The role of capital credit insurance facilitated with private insurance or a government reinsurance agency (ala the Federal Housing Administration concept) would serve as the replacement for past savings collateral to protect the commercial bank in the event of a failure of the capital project to produce the expected FUTURE earnings that would be used to pay off the capital credit loan.
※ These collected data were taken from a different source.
-- ===== src/Runtime/Closed.antt =====
-- The guardrail fails closed.
use agent_builder_factory_ap.Base.{
  String, ◌≡◌, refl, ◌∙◌, ap, subst, Bool, true, false, not, Option, none, some, List, [], ◌∷◌,
  Result, ok, err, pure, ◌>>=◌, continue, ◌==◌, if◌then◌else◌, string_key, Bool-cases, Option-cases,
  inl, inr,
}
use agent_builder_factory_ap.Runtime.Guardrail.{
  Source, GuardrailResult, PolicyRow, Applied, GuardrailServices, GuardrailState, fresh_state,
  is_set, unblocked, blocked_for, guardrail_of, remember, resolve_row, resolve, first_text,
  judge_answer, judge, check,
}

-- Bedrock has answered on this text, by not intervening or with a text in its place.
pub record Passed (services : GuardrailServices) (source : Source) (text : String)
    (r : GuardrailResult) : Type 0 where
  pub guardrail : String × String
  pub answer : Applied
  pub applied : services.apply_guardrail guardrail.0 guardrail.1 source text ≡ ok answer
  pub replaced : r.sanitised_text ≡ (if answer.intervened then first_text answer.outputs else none)

judge_answer-Passed :
    (services : GuardrailServices) (source : Source) (text : String) (g : String × String)
    (o : Result String Applied)
    → services.apply_guardrail g.0 g.1 source text ≡ o
    → (judge_answer o).blocked ≡ false
    → Passed services source text (judge_answer o)
judge_answer-Passed services source text g (err e) a h = cc h
judge_answer-Passed services source text g (ok a) p h = record {
  guardrail = g;
  answer = a;
  applied = p;
  replaced = elim (Bool-cases a.intervened) [
    | inl e ↦ elim (Option-cases (first_text a.outputs)) [
      | inl n ↦ cc (e, n)
      | inr (t, n) ↦ rw (e, n) refl
    ]
    | inr e ↦ rw e refl
  ];
}

judge-Passed :
    (services : GuardrailServices) (source : Source) (text : String) (o : Option (String × String))
    → (judge services source text o).blocked ≡ false
    → Passed services source text (judge services source text o)
judge-Passed services source text none h = cc h
judge-Passed services source text (some (i, v)) h =
    judge_answer-Passed services source text (i, v) (services.apply_guardrail i v source text) refl
      h

continue-Passed :
    (services : GuardrailServices) (source : Source) (text : String)
    (x : Result String (Option (String × String))) (s : GuardrailState) (r : GuardrailResult)
    → (continue x (λ o. pure (judge services source text o)) s).0 ≡ ok r
    → r.blocked ≡ false
    → Passed services source text r
unfolding pure
continue-Passed services source text (err e) s r h b = cc h
continue-Passed services source text (ok o) s r h b =
    let e : judge services source text o ≡ r = cc h in
    subst (Passed services source text) e
      (judge-Passed services source text o (ap (λ x. x.blocked) e ∙ b))

-- While a policy is configured, a check that returns without blocking has had Bedrock's answer on the
-- text, and its sanitised text is that of the answer's first output, or missing where the guardrail did
-- not intervene: whatever was resolved before, a failure of the catalog or of Bedrock, or a missing
-- guardrail, never lets a text pass.
pub guardrail_fails_closed :
    (services : GuardrailServices) (tenant_id : String) (policy_id : Option String)
    (source : Source) (text : String) (s : GuardrailState) (r : GuardrailResult)
    → is_set policy_id ≡ true
    → (check services tenant_id policy_id source text s).0 ≡ ok r
    → r.blocked ≡ false
    → Passed services source text r
unfolding check ◌>>=◌
guardrail_fails_closed services tenant_id policy_id source text s r p h b =
    let h' =
      subst
        (λ q.
          ((if not q
              then pure unblocked
              else (resolve services tenant_id policy_id >>= λ o.
                  pure (judge services source text o)))
            s).0
          ≡ ok r)
        p h in
    continue-Passed services source text (resolve services tenant_id policy_id s).0
      (resolve services tenant_id policy_id s).1 r h' b

-- A check of another time: its services, its direction and its text.
pub record Check : Type 0 where
  pub services : GuardrailServices
  pub source : Source
  pub text : String

unfoldable pub check_all : String → Option String → List Check → GuardrailState → GuardrailState
check_all tenant_id policy_id [] s = s
check_all tenant_id policy_id (c ∷ cs) s =
    check_all tenant_id policy_id cs (check c.services tenant_id policy_id c.source c.text s).1

-- the catalog has no provisioned guardrail at this time, or cannot be read
abbrev pub is_unresolved : Result String (Option PolicyRow) → Bool
is_unresolved (err e) = true
is_unresolved (ok row) = elim (guardrail_of row) [ none ↦ true | some g ↦ false ]

module _ (tenant_id policy_id : String) where
  check-unresolved :
      (c : Check)
      → (policy_id == "") ≡ false
      → check c.services tenant_id (some policy_id) c.source c.text (remember none)
        ≡ (ok (blocked_for "guardrail_not_resolved"), remember none)
  unfolding check resolve ◌>>=◌ pure
  check-unresolved c p = rw p refl

  check_all-unresolved :
      (cs : List Check)
      → (policy_id == "") ≡ false
      → check_all tenant_id (some policy_id) cs (remember none) ≡ remember none
  unfolding check_all
  check_all-unresolved [] p = refl
  check_all-unresolved (c ∷ cs) p = rw (check-unresolved c p) (check_all-unresolved cs p)

  first-continue :
      (x : Result String (Option PolicyRow)) (s : GuardrailState)
      → is_unresolved x ≡ true
      → (resolve_row x s).1 ≡ remember none
  first-continue (err e) s h = refl
  first-continue (ok row) s h = elim (Option-cases (guardrail_of row)) [
    | inl e ↦ rw e refl
    | inr (g, e) ↦ cc (e, h)
  ]

  continue-state :
      (services : GuardrailServices) (source : Source) (text : String)
      (x : Result String (Option (String × String))) (s : GuardrailState)
      → (continue x (λ o. pure (judge services source text o)) s).1 ≡ s
  unfolding pure
  continue-state services source text (err e) s = refl
  continue-state services source text (ok o) s = refl

  first-unresolved :
      (c : Check)
      → (policy_id == "") ≡ false
      → is_unresolved (c.services.get_policy tenant_id policy_id) ≡ true
      → (check c.services tenant_id (some policy_id) c.source c.text fresh_state).1 ≡ remember none
  unfolding check resolve ◌>>=◌
  first-unresolved c p u =
      let found = c.services.get_policy tenant_id policy_id in
      let state : (resolve c.services tenant_id (some policy_id) fresh_state).1 ≡ remember none =
        rw p (first-continue found fresh_state u) in
      let (x, s) = resolve c.services tenant_id (some policy_id) fresh_state in
      rw p (continue-state c.services c.source c.text x s ∙ state)

-- When the first check of a process with a configured policy finds no provisioned guardrail, or cannot
-- read the catalog, every later check of the process blocks, whatever the catalog and Bedrock answer
-- then and however many checks there are between.
pub unresolved_blocks_forever :
    (tenant_id policy_id : String) (first : Check) (between : List Check) (later : Check)
    → (policy_id == "") ≡ false
    → is_unresolved (first.services.get_policy tenant_id policy_id) ≡ true
    → (check later.services tenant_id
        (some policy_id)
        later.source
        later.text
        (check_all tenant_id (some policy_id) (first ∷ between) fresh_state)).0
      ≡ ok (blocked_for "guardrail_not_resolved")
unfolding check_all
unresolved_blocks_forever tenant_id policy_id first between later p u =
    rw
      (
        first-unresolved tenant_id policy_id first p u,
        check_all-unresolved tenant_id policy_id between p,
        check-unresolved tenant_id policy_id later p,
      )
      refl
Thus, national capital credit insurance would replace the requirement for pledged security, allowing employees and non-employees (EVERY citizen within the system) to become new capital asset owners simultaneously with the growth of the economy, while eliminating the sole ownership of America by the few.
To win the presidency, Bernie Sanders needs to advocate for the enactment of this proposed legislation that will effectively empower EVERY citizen to become a productive capital OWNER without the requirement of past savings or ANY reduction in wage earnings or benefits.
If our politicians would, for a moment, bury their hatchets and open their minds and examine the ideas outlined by the CESJ, the voters in our country would be getting far more than just jobs and increased minimum wages, or falling into dependency on the State and whatever elites control the coercive powers of government for their economic well-being, and benefit from a long-term policy direction that will provide economic security to EVERY citizen and their heirs, as we build a FUTURE environmentally responsible economy that can support general affluence for EVERY child, woman, and man.